Activity » Write every entry out again, unchanged.

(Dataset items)
Start of Block

-- ===== src/Node/Registry.antt =====
-- internal/aws/ecr/ecr.go, with GetPartitionDNSSuffix of internal/aws/partition.go and
-- internal/system/fips.go. Reading the file of FIPS, Atoi and the lookup of hosts are parameters.
use eks_hybrid.Base.{
  ℕ, ◌==◌, String, ◌<>◌, str_eq, starts_with, if◌then◌else◌, Bool, true, false, ◌&&◌, Option, none,
  some, List, [], ◌∷◌, not_exist, Result, ok, err,
}
use eks_hybrid.Release.Defs.{RegionData}
use eks_hybrid.Release.Select.{◌>>=◌, partition_of_region}

unfoldable pub dns_suffix_of : String → String
dns_suffix_of partition =
    if str_eq partition "aws"
    then "amazonaws.com"
    else if str_eq partition "aws-cn"
    then "amazonaws.com.cn"
    else if str_eq partition "aws-us-gov"
    then "amazonaws.com"
    else if str_eq partition "aws-iso"
    then "c2s.ic.gov"
    else if str_eq partition "aws-iso-b"
    then "sc2s.sgov.gov"
    else if str_eq partition "aws-iso-e"
    then "cloud.adc-e.uk"
    else if str_eq partition "aws-iso-f"
    then "csp.hci.ic.gov"
    else if str_eq partition "aws-eusc"
    then "amazonaws.eu"
    else "amazonaws.com"

abbrev pub non_opt_in_account : String
non_opt_in_account = "602401143452"

abbrev pub accounts_by_region : List (String × String)
accounts_by_region =
    ("cn-north-1", "918309763551")
    ∷ ("cn-northwest-1", "961992271922")
    ∷ ("eu-isoe-west-1", "249663109785")
    ∷ ("us-gov-east-1", "151742754352")
    ∷ ("us-gov-west-1", "013241004608")
    ∷ ("us-iso-east-1", "725322719131")
    ∷ ("us-iso-west-1", "608367168043")
    ∷ ("us-isob-east-1", "187977181151")
    ∷ ("us-isof-south-1", "676585237158")
    ∷ []

unfoldable pub account_in : String → List (String × String) → Option String
account_in region [] = none
account_in region ((r, a) ∷ rest) =
    let more = account_in region rest in if str_eq r region then some a else more

abbrev pub by_prefix : String → String × String
by_prefix region =
    if starts_with region "us-gov-"
    then ("013241004608", "us-gov-west-1")
    else if starts_with region "cn-"
    then ("961992271922", "cn-northwest-1")
    else if starts_with region "us-iso-"
    then ("725322719131", "us-iso-east-1")
    else if starts_with region "us-isob-"
    then ("187977181151", "us-isob-east-1")
    else if starts_with region "us-isof-"
    then ("676585237158", "us-isof-south-1")
    else (non_opt_in_account, "us-west-2")

abbrev pub account_or : String → Option String → String × String
account_or region (some account) = (account, region)
account_or region none = by_prefix region

-- getEKSRegistryCoordinates
unfoldable pub registry_coordinates : String → String × String
registry_coordinates region = account_or region (account_in region accounts_by_region)

-- getEKSRegistryCoordinatesWithRegionConfig
unfoldable pub coordinates_with_config : String → Option RegionData → String × String
coordinates_with_config region none = registry_coordinates region
coordinates_with_config region (some c) =
    if str_eq c.ecr_account_id "" then registry_coordinates region else (c.ecr_account_id, region)

unfoldable pub get_registry : String → String → String → String → String
get_registry account subdomain region domain =
    account <> ".dkr." <> subdomain <> "." <> region <> "." <> domain

abbrev pub services_domain : String → Option RegionData → String
services_domain region none = dns_suffix_of (partition_of_region region)
services_domain region (some c) =
    if str_eq c.dns_suffix "" then dns_suffix_of (partition_of_region region) else c.dns_suffix

unfoldable pub image_reference : String → String → String → String
image_reference registry repository tag = registry <> "/" <> repository <> ":" <> tag

-- GetSandboxImage
abbrev pub sandbox_image_of : String → String
sandbox_image_of registry = image_reference registry "eks/pause" "3.5"

pub record RegistryHost : Type 0 where
  -- the text of /proc/sys/crypto/fips_enabled, trimmed
  pub fips_file : Result String
  pub atoi : String → Result ℕ
  pub lookup_host : String → Result (List String)

abbrev pub fips_of : Result ℕ → Result (Bool × Bool)
fips_of (ok n) = ok (true, n == 1)
fips_of (err e) = err e

abbrev pub fips_read : (String → Result ℕ) → Result String → Result (Bool × Bool)
fips_read atoi (ok s) = fips_of (atoi s)
fips_read atoi (err not_exist) = ok (false, false)
fips_read atoi (err e) = err e

module _ (h : RegistryHost) where
  unfoldable pub get_fips_info : Result (Bool × Bool)
  get_fips_info = fips_read h.atoi h.fips_file

  abbrev pub resolved : String → String → List String → Result String
  resolved fips plain [] = ok plain
  resolved fips plain (a ∷ more) = ok fips

  abbrev pub registry_for : String → String × String → Bool × Bool → Result String
  registry_for domain (account, place) (installed, enabled) =
      if installed && enabled
      then (do
        addresses ← h.lookup_host (get_registry account "ecr-fips" place domain)
        resolved (get_registry account "ecr-fips" place domain)
            (get_registry account "ecr" place domain) addresses)
      else ok (get_registry account "ecr" place domain)

  -- getEksRegistryWithServiceDomainAndRegionConfig
  unfoldable pub registry_at : String → String → Option RegionData → Result String
  registry_at region domain config = do
    fips ← get_fips_info
    registry_for domain (coordinates_with_config region config) fips

  unfoldable pub get_hybrid_registry : String → Option RegionData → Result String
  get_hybrid_registry region config = registry_at region (services_domain region config) config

End of Block

Solved problem »
-- ===== src/Node/Registry.antt =====
-- internal/aws/ecr/ecr.go, with GetPartitionDNSSuffix of internal/aws/partition.go and
-- internal/system/fips.go. Reading the file of FIPS, Atoi and the lookup of hosts are parameters.
use eks_hybrid.Base.{
  ℕ, ◌==◌, String, ◌<>◌, str_eq, starts_with, if◌then◌else◌, Bool, true, false, ◌&&◌, Option, none,
  some, List, [], ◌∷◌, not_exist, Result, ok, err,
}
use eks_hybrid.Release.Defs.{RegionData}
use eks_hybrid.Release.Select.{◌>>=◌, partition_of_region}

unfoldable pub dns_suffix_of : String → String
dns_suffix_of partition =
    if str_eq partition "aws"
    then "amazonaws.com"
    else if str_eq partition "aws-cn"
    then "amazonaws.com.cn"
    else if str_eq partition "aws-us-gov"
    then "amazonaws.com"
    else if str_eq partition "aws-iso"
    then "c2s.ic.gov"
    else if str_eq partition "aws-iso-b"
    then "sc2s.sgov.gov"
    else if str_eq partition "aws-iso-e"
    then "cloud.adc-e.uk"
    else if str_eq partition "aws-iso-f"
    then "csp.hci.ic.gov"
    else if str_eq partition "aws-eusc"
    then "amazonaws.eu"
    else "amazonaws.com"

abbrev pub non_opt_in_account : String
non_opt_in_account = "602401143452"

abbrev pub accounts_by_region : List (String × String)
accounts_by_region =
    ("cn-north-1", "918309763551")
    ∷ ("cn-northwest-1", "961992271922")
    ∷ ("eu-isoe-west-1", "249663109785")
    ∷ ("us-gov-east-1", "151742754352")
    ∷ ("us-gov-west-1", "013241004608")
    ∷ ("us-iso-east-1", "725322719131")
    ∷ ("us-iso-west-1", "608367168043")
    ∷ ("us-isob-east-1", "187977181151")
    ∷ ("us-isof-south-1", "676585237158")
    ∷ []

unfoldable pub account_in : String → List (String × String) → Option String
account_in region [] = none
account_in region ((r, a) ∷ rest) =
    let more = account_in region rest in if str_eq r region then some a else more

abbrev pub by_prefix : String → String × String
by_prefix region =
    if starts_with region "us-gov-"
    then ("013241004608", "us-gov-west-1")
    else if starts_with region "cn-"
    then ("961992271922", "cn-northwest-1")
    else if starts_with region "us-iso-"
    then ("725322719131", "us-iso-east-1")
    else if starts_with region "us-isob-"
    then ("187977181151", "us-isob-east-1")
    else if starts_with region "us-isof-"
    then ("676585237158", "us-isof-south-1")
    else (non_opt_in_account, "us-west-2")

abbrev pub account_or : String → Option String → String × String
account_or region (some account) = (account, region)
account_or region none = by_prefix region

-- getEKSRegistryCoordinates
unfoldable pub registry_coordinates : String → String × String
registry_coordinates region = account_or region (account_in region accounts_by_region)

-- getEKSRegistryCoordinatesWithRegionConfig
unfoldable pub coordinates_with_config : String → Option RegionData → String × String
coordinates_with_config region none = registry_coordinates region
coordinates_with_config region (some c) =
    if str_eq c.ecr_account_id "" then registry_coordinates region else (c.ecr_account_id, region)

unfoldable pub get_registry : String → String → String → String → String
get_registry account subdomain region domain =
    account <> ".dkr." <> subdomain <> "." <> region <> "." <> domain

abbrev pub services_domain : String → Option RegionData → String
services_domain region none = dns_suffix_of (partition_of_region region)
services_domain region (some c) =
    if str_eq c.dns_suffix "" then dns_suffix_of (partition_of_region region) else c.dns_suffix

unfoldable pub image_reference : String → String → String → String
image_reference registry repository tag = registry <> "/" <> repository <> ":" <> tag

-- GetSandboxImage
abbrev pub sandbox_image_of : String → String
sandbox_image_of registry = image_reference registry "eks/pause" "3.5"

pub record RegistryHost : Type 0 where
  -- the text of /proc/sys/crypto/fips_enabled, trimmed
  pub fips_file : Result String
  pub atoi : String → Result ℕ
  pub lookup_host : String → Result (List String)

abbrev pub fips_of : Result ℕ → Result (Bool × Bool)
fips_of (ok n) = ok (true, n == 1)
fips_of (err e) = err e

abbrev pub fips_read : (String → Result ℕ) → Result String → Result (Bool × Bool)
fips_read atoi (ok s) = fips_of (atoi s)
fips_read atoi (err not_exist) = ok (false, false)
fips_read atoi (err e) = err e

module _ (h : RegistryHost) where
  unfoldable pub get_fips_info : Result (Bool × Bool)
  get_fips_info = fips_read h.atoi h.fips_file

  abbrev pub resolved : String → String → List String → Result String
  resolved fips plain [] = ok plain
  resolved fips plain (a ∷ more) = ok fips

  abbrev pub registry_for : String → String × String → Bool × Bool → Result String
  registry_for domain (account, place) (installed, enabled) =
      if installed && enabled
      then (do
        addresses ← h.lookup_host (get_registry account "ecr-fips" place domain)
        resolved (get_registry account "ecr-fips" place domain)
            (get_registry account "ecr" place domain) addresses)
      else ok (get_registry account "ecr" place domain)

  -- getEksRegistryWithServiceDomainAndRegionConfig
  unfoldable pub registry_at : String → String → Option RegionData → Result String
  registry_at region domain config = do
    fips ← get_fips_info
    registry_for domain (coordinates_with_config region config) fips

  unfoldable pub get_hybrid_registry : String → Option RegionData → Result String
  get_hybrid_registry region config = registry_at region (services_domain region config) config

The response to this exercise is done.